Look below for the line that has "(k : Text) (entries". Set down the lines from there through the line that has "unfoldable pub event", exactly as written.
********************
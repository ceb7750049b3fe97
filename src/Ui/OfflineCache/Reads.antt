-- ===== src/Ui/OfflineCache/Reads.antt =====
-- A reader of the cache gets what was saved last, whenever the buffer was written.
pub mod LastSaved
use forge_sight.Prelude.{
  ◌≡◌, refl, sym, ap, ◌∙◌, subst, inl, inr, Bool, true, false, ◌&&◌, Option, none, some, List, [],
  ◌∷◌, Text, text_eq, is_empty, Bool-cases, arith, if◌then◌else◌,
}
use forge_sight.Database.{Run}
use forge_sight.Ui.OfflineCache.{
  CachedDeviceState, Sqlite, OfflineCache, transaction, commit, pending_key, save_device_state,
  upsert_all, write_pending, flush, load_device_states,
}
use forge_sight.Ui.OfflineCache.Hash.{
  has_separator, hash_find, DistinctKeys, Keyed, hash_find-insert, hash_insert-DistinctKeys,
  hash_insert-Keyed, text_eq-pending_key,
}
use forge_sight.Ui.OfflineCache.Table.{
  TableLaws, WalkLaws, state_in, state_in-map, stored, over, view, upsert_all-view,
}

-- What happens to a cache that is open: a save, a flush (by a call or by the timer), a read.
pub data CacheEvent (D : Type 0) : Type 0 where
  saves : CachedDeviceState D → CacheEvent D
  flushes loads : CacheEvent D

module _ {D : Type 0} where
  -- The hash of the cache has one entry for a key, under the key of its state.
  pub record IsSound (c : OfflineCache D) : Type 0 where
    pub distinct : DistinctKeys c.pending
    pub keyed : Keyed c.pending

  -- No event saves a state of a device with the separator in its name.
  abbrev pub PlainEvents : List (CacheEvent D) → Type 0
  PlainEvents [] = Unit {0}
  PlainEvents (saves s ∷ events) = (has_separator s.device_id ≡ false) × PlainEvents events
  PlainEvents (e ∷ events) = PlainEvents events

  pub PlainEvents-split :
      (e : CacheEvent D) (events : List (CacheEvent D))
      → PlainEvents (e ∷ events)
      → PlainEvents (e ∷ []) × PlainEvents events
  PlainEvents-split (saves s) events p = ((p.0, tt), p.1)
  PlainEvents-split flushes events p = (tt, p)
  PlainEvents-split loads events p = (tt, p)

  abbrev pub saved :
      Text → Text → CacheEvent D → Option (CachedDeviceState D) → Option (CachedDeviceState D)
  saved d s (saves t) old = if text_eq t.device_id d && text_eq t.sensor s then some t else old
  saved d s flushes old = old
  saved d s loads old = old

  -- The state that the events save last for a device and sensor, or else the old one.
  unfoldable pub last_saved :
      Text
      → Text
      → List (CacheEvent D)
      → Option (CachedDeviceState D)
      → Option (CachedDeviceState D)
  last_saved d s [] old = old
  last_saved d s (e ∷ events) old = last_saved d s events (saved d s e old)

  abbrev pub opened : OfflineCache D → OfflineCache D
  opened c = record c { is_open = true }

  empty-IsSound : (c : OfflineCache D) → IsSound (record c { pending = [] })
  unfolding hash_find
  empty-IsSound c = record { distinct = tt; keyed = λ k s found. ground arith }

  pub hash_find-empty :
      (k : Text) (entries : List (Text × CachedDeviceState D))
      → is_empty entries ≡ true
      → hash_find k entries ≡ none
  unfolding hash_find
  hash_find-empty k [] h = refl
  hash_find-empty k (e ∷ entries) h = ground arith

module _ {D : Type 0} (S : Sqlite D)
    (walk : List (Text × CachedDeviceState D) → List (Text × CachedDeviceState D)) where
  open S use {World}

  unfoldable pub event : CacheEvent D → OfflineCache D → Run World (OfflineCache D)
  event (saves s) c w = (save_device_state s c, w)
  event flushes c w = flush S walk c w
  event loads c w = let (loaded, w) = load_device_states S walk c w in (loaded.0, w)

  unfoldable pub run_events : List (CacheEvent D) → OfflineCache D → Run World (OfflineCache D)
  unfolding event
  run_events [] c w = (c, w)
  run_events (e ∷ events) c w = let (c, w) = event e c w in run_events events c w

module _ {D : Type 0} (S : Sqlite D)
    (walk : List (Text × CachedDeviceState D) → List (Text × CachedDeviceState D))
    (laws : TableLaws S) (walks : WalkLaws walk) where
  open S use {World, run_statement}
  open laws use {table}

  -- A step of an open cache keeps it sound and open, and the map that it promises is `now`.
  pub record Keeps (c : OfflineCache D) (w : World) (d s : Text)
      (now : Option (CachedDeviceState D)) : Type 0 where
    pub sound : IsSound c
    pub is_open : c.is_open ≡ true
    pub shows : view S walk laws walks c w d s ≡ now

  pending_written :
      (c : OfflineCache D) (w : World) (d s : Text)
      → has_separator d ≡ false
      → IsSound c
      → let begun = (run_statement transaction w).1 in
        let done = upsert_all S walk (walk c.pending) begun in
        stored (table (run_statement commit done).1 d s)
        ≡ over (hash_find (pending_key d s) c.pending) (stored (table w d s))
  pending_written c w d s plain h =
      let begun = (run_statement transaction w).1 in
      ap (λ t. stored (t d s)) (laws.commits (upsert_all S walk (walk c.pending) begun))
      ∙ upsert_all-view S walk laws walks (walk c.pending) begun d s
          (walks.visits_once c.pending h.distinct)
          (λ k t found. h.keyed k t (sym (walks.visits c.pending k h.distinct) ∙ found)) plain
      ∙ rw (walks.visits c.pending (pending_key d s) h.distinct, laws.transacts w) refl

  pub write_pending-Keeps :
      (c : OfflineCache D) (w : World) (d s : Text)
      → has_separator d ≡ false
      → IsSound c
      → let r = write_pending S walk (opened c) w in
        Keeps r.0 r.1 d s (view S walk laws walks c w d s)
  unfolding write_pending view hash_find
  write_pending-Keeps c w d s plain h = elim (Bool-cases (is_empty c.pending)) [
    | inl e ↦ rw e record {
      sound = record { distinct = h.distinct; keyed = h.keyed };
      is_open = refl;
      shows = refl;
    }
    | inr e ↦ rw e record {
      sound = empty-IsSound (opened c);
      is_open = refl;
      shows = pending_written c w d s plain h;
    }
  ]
********************
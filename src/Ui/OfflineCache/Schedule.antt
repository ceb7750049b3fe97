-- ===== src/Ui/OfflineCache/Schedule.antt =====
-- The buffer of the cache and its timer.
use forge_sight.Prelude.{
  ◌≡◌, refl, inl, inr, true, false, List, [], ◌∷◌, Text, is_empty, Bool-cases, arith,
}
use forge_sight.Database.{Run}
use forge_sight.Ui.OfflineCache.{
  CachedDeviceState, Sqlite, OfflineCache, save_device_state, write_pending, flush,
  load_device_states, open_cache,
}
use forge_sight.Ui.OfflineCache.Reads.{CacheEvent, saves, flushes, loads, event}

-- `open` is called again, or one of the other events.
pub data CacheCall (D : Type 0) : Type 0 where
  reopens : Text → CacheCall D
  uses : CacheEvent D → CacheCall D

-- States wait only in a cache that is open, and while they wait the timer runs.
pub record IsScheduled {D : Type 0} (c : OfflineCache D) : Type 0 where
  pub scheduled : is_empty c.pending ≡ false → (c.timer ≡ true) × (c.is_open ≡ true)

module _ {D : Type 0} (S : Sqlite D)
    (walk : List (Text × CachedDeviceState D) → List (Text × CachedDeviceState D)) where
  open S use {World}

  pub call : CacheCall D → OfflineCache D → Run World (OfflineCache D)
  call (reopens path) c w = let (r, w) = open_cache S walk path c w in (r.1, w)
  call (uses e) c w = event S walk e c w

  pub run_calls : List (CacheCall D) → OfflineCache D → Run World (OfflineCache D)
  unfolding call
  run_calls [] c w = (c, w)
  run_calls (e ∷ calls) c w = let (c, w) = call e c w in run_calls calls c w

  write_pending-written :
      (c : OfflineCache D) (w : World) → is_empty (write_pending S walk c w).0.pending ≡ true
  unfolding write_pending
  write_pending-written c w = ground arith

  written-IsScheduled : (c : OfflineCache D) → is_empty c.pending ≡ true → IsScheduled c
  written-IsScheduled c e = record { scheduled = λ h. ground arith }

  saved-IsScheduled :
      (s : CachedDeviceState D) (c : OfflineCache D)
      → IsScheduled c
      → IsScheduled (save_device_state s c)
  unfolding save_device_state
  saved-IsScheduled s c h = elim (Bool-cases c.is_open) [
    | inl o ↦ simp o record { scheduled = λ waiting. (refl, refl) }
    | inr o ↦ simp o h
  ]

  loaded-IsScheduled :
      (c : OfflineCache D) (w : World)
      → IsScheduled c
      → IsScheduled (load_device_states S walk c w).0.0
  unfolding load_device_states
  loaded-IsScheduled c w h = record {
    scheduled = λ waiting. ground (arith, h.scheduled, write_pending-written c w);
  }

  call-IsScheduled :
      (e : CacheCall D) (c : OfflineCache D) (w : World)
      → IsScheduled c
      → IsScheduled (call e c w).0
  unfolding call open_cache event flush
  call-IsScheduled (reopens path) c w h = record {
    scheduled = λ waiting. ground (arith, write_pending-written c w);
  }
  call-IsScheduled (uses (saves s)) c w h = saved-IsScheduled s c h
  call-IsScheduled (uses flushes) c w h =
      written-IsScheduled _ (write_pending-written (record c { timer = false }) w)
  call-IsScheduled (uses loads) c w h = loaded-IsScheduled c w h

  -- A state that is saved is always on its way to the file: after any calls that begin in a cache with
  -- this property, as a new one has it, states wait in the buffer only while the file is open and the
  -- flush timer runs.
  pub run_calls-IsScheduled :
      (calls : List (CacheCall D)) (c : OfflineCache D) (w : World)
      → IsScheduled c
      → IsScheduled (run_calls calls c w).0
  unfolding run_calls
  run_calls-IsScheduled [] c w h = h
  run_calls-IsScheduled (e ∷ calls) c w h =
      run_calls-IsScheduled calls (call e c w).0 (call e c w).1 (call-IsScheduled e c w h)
********************
### [Exercise result]
      (k : Text) (entries : List (Text × CachedDeviceState D))
      → is_empty entries ≡ true
      → hash_find k entries ≡ none
  unfolding hash_find
  hash_find-empty k [] h = refl
  hash_find-empty k (e ∷ entries) h = ground arith

module _ {D : Type 0} (S : Sqlite D)
    (walk : List (Text × CachedDeviceState D) → List (Text × CachedDeviceState D)) where
  open S use {World}

  unfoldable pub event : CacheEvent D → OfflineCache D → Run World (OfflineCache D)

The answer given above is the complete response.